◆ Task brief ◆
In the entries below, find each line bearing the string "SameRequests" and copy it.

═════ Data extract ═════

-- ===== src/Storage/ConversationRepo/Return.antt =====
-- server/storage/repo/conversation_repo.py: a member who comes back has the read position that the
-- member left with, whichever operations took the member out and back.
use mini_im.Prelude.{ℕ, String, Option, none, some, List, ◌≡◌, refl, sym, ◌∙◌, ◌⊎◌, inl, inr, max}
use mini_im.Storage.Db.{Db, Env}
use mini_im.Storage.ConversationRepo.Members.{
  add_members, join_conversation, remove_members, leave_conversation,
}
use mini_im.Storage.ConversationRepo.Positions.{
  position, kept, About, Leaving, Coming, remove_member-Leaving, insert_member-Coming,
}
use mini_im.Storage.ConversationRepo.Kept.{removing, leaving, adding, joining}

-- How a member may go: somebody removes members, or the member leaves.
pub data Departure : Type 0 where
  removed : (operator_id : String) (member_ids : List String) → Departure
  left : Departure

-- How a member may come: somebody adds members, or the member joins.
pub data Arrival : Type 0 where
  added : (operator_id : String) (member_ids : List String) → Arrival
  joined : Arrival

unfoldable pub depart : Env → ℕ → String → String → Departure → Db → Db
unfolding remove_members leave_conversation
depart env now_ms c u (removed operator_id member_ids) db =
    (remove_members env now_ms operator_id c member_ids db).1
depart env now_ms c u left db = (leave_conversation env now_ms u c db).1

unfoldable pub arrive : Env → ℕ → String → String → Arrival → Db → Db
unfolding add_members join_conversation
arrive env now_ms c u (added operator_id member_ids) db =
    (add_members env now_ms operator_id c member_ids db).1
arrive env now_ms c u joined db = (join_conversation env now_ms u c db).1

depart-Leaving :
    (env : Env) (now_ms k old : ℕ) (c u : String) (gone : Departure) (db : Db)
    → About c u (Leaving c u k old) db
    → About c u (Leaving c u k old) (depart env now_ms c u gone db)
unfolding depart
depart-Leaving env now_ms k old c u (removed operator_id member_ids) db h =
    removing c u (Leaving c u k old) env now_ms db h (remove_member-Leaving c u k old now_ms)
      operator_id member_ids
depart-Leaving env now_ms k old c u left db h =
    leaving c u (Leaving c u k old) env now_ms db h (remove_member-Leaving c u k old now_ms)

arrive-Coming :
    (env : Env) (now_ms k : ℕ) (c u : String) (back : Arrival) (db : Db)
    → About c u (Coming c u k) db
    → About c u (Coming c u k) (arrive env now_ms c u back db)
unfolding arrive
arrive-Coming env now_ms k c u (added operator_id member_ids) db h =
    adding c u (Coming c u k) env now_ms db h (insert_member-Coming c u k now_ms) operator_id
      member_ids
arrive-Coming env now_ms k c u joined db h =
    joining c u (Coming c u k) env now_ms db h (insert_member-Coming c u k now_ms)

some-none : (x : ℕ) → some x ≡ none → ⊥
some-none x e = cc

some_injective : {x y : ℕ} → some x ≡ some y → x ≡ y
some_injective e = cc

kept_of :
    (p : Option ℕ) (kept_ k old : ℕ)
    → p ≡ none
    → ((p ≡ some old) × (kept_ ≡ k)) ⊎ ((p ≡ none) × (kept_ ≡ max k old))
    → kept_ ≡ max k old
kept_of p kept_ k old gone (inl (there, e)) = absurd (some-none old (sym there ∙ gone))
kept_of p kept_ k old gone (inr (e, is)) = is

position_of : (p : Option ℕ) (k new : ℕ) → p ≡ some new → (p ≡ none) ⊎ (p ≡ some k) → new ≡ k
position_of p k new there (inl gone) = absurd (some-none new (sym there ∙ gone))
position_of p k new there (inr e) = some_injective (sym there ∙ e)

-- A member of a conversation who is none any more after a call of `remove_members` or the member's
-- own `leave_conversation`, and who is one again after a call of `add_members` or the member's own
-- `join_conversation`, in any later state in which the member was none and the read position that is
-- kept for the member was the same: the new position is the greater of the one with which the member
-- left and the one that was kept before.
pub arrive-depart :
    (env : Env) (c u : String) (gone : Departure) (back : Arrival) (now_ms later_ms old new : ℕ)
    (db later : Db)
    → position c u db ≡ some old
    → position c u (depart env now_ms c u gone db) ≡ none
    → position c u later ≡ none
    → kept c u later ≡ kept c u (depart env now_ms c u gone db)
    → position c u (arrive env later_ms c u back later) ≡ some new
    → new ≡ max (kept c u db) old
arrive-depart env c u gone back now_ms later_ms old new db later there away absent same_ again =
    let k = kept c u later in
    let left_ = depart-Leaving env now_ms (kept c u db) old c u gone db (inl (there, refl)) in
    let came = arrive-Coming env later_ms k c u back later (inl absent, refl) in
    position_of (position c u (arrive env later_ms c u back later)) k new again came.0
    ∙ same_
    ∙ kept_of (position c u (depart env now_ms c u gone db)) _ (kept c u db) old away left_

═════
═════ Data extract ═════

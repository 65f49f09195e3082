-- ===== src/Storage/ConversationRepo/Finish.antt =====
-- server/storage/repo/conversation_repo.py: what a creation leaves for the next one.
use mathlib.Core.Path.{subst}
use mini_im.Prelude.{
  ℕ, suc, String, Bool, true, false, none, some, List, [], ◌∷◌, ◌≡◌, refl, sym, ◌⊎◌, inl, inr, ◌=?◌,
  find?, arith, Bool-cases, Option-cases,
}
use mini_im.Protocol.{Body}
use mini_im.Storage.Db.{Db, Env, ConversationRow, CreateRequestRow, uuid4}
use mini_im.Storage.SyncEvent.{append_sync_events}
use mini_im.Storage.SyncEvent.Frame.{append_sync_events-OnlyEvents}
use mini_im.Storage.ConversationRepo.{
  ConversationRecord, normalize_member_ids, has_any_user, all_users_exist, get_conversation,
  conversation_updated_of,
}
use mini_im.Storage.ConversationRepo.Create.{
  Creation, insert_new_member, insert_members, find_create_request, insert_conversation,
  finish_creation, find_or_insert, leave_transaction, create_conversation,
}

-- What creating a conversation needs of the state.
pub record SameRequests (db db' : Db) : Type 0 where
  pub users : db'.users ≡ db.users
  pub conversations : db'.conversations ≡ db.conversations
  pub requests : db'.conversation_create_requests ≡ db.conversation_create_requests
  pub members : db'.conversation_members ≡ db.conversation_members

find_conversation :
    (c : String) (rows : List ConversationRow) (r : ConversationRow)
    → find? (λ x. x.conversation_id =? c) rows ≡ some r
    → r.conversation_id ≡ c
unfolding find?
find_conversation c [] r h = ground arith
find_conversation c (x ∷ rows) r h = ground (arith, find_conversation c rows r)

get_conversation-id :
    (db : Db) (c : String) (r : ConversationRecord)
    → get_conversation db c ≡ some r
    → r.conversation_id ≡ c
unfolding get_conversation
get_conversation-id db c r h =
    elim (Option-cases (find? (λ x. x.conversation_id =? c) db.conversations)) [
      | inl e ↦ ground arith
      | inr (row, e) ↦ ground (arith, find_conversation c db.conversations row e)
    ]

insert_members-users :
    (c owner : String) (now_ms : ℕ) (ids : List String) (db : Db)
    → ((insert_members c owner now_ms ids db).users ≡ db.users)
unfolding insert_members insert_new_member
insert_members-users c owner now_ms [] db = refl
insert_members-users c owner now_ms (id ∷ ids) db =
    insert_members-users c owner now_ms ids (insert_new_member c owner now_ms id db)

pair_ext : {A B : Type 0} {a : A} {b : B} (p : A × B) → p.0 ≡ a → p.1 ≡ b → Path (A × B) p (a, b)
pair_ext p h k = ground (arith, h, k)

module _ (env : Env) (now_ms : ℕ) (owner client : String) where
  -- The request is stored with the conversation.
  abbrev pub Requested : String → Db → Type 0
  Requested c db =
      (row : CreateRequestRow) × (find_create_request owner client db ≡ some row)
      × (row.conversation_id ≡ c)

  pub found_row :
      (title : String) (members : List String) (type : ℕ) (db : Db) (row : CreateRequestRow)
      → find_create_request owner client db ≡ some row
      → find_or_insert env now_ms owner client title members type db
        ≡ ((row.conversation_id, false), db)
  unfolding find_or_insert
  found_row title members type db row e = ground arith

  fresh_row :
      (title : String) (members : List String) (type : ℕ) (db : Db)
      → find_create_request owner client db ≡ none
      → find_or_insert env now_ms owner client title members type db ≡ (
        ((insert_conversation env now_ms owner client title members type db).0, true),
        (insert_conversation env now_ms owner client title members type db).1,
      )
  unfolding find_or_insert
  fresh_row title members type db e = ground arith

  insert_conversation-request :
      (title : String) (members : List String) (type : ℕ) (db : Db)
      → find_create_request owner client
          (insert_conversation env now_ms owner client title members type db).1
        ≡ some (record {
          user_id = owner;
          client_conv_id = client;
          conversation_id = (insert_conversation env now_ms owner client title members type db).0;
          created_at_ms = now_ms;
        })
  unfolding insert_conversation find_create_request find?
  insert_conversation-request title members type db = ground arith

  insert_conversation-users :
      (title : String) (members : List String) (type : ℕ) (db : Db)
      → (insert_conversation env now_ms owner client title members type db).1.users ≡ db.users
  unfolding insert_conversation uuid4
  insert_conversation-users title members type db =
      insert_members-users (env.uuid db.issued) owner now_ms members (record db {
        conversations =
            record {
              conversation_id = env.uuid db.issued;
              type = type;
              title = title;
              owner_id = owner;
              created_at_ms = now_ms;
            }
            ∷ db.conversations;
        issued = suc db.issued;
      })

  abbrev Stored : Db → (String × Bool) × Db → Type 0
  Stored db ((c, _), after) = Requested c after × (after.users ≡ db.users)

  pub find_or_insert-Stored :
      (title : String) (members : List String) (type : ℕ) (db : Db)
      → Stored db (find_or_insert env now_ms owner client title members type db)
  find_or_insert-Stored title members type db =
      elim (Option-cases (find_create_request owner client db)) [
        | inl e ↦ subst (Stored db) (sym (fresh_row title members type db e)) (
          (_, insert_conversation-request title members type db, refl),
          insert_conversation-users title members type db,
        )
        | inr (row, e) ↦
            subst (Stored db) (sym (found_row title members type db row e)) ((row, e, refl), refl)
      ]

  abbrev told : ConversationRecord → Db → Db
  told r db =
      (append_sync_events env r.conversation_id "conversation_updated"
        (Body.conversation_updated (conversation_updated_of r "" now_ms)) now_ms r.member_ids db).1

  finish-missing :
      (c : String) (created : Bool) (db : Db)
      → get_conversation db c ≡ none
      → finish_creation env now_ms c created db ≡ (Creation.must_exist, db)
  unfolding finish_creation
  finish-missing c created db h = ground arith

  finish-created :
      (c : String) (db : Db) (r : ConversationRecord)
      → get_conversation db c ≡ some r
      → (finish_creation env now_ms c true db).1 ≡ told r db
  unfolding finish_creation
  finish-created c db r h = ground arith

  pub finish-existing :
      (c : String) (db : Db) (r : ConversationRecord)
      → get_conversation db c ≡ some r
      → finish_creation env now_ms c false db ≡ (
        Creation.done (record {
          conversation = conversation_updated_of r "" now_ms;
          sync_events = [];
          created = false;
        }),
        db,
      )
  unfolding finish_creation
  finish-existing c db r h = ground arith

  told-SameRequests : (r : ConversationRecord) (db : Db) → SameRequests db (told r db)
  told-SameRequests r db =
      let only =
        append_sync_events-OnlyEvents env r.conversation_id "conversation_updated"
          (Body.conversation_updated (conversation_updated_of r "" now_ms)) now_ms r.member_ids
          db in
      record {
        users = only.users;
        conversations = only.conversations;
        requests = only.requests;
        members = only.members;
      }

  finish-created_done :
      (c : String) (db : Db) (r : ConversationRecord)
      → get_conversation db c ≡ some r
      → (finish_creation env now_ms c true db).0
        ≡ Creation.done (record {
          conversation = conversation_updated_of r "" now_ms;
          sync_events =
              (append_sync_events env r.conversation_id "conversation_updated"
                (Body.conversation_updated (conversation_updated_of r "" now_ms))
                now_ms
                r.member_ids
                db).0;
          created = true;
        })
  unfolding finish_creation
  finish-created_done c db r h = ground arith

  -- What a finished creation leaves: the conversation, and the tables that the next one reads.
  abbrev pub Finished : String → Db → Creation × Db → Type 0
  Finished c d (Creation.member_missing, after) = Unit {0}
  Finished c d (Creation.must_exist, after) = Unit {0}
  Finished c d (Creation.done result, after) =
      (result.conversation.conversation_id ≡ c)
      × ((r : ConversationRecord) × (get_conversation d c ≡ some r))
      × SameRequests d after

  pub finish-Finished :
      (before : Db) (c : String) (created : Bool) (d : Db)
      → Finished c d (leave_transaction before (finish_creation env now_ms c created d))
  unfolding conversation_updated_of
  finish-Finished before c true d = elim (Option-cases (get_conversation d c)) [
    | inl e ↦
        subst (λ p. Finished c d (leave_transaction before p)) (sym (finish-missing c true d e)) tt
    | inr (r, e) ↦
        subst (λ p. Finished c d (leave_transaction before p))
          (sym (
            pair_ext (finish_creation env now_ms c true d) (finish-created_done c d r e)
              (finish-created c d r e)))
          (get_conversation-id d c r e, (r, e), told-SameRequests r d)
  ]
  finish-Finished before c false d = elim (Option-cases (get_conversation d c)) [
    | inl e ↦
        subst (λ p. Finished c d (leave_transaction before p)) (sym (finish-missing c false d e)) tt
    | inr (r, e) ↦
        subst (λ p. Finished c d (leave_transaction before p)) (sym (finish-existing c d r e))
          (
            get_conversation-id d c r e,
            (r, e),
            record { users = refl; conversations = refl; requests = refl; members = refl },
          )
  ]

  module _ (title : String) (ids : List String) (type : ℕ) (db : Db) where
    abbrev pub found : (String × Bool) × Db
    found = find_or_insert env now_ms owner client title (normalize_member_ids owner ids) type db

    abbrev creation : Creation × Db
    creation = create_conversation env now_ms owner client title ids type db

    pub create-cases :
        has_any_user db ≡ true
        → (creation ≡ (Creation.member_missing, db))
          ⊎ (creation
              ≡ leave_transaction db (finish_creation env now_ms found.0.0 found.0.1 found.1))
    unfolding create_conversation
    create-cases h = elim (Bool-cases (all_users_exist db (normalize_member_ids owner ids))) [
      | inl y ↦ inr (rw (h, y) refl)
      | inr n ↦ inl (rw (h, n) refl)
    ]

═════
═════ Data extract ═════

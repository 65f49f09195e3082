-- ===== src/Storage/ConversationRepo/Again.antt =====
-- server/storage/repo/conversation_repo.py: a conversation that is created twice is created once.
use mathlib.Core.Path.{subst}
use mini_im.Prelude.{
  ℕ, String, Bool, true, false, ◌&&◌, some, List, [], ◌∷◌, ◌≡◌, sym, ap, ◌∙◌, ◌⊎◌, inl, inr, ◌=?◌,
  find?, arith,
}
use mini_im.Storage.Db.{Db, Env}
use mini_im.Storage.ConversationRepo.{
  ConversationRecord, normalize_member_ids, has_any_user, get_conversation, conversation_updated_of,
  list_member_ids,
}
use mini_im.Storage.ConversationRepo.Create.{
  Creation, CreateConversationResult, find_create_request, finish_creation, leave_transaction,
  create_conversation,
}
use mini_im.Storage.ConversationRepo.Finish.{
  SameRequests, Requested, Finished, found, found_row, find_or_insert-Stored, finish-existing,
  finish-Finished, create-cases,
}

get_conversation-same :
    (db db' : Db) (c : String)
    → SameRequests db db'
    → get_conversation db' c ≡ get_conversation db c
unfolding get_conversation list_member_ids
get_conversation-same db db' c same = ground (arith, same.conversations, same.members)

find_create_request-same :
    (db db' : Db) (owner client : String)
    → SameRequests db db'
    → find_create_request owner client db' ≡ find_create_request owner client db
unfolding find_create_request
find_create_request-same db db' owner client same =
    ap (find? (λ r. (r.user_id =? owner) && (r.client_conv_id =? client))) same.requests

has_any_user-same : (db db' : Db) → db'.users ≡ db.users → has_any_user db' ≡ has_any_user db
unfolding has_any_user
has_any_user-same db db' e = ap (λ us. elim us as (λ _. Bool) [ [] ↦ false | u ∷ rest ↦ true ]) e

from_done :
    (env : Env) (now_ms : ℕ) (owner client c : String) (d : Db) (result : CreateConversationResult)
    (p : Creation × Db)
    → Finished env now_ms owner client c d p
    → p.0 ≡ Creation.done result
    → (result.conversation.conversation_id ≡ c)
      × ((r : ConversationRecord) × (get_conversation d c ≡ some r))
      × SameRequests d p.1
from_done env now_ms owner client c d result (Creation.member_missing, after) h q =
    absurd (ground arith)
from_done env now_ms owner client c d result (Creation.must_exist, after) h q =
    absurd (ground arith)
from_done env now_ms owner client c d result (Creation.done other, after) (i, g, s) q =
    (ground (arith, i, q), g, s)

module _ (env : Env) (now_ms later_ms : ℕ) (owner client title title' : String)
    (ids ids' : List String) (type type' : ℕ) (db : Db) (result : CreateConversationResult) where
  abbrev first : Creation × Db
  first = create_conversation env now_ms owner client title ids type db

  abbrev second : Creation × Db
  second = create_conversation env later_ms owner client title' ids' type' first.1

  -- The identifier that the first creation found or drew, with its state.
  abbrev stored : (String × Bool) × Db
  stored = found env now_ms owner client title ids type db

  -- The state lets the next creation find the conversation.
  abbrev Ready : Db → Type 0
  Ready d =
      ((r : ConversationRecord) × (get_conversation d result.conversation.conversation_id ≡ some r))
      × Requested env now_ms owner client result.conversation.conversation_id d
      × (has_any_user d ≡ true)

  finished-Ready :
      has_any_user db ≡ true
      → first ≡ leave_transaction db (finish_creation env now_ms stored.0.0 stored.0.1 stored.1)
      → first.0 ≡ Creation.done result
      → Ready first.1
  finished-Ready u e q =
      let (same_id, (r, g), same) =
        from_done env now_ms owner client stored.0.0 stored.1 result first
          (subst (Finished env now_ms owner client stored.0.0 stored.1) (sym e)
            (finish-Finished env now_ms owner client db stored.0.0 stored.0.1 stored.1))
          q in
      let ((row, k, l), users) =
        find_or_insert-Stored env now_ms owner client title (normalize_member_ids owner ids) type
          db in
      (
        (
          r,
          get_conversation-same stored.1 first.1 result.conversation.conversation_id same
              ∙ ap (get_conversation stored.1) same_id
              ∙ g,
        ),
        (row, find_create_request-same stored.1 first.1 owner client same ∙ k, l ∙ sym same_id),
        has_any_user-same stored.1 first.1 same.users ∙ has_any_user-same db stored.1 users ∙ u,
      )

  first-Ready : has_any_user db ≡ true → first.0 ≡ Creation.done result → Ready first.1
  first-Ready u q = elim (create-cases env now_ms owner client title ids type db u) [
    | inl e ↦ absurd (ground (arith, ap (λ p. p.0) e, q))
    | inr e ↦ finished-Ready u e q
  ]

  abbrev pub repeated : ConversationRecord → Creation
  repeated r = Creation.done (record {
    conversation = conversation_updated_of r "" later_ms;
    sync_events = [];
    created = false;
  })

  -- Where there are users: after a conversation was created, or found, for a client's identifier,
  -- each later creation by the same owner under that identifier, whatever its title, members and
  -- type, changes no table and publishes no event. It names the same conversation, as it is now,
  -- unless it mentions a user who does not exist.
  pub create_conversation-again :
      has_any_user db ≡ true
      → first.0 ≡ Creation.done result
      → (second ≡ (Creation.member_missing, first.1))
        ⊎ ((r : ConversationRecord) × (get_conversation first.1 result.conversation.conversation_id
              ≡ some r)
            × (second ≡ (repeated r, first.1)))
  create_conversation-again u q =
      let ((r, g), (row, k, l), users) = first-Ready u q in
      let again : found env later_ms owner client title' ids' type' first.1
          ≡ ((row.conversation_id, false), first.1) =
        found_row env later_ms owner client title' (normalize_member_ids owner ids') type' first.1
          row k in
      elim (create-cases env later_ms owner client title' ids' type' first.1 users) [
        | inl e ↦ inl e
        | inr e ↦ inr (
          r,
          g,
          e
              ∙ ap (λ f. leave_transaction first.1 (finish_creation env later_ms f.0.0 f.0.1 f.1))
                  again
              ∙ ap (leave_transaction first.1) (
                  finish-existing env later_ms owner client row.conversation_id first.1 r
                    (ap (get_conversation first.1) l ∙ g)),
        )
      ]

═════

◆ Your response ◆
pub record SameRequests (db db' : Db) : Type 0 where
  told-SameRequests : (r : ConversationRecord) (db : Db) → SameRequests db (told r db)
  told-SameRequests r db =
      × SameRequests d after
          (get_conversation-id d c r e, (r, e), told-SameRequests r d)
  SameRequests, Requested, Finished, found, found_row, find_or_insert-Stored, finish-existing,
    → SameRequests db db'
    → SameRequests db db'
      × SameRequests d p.1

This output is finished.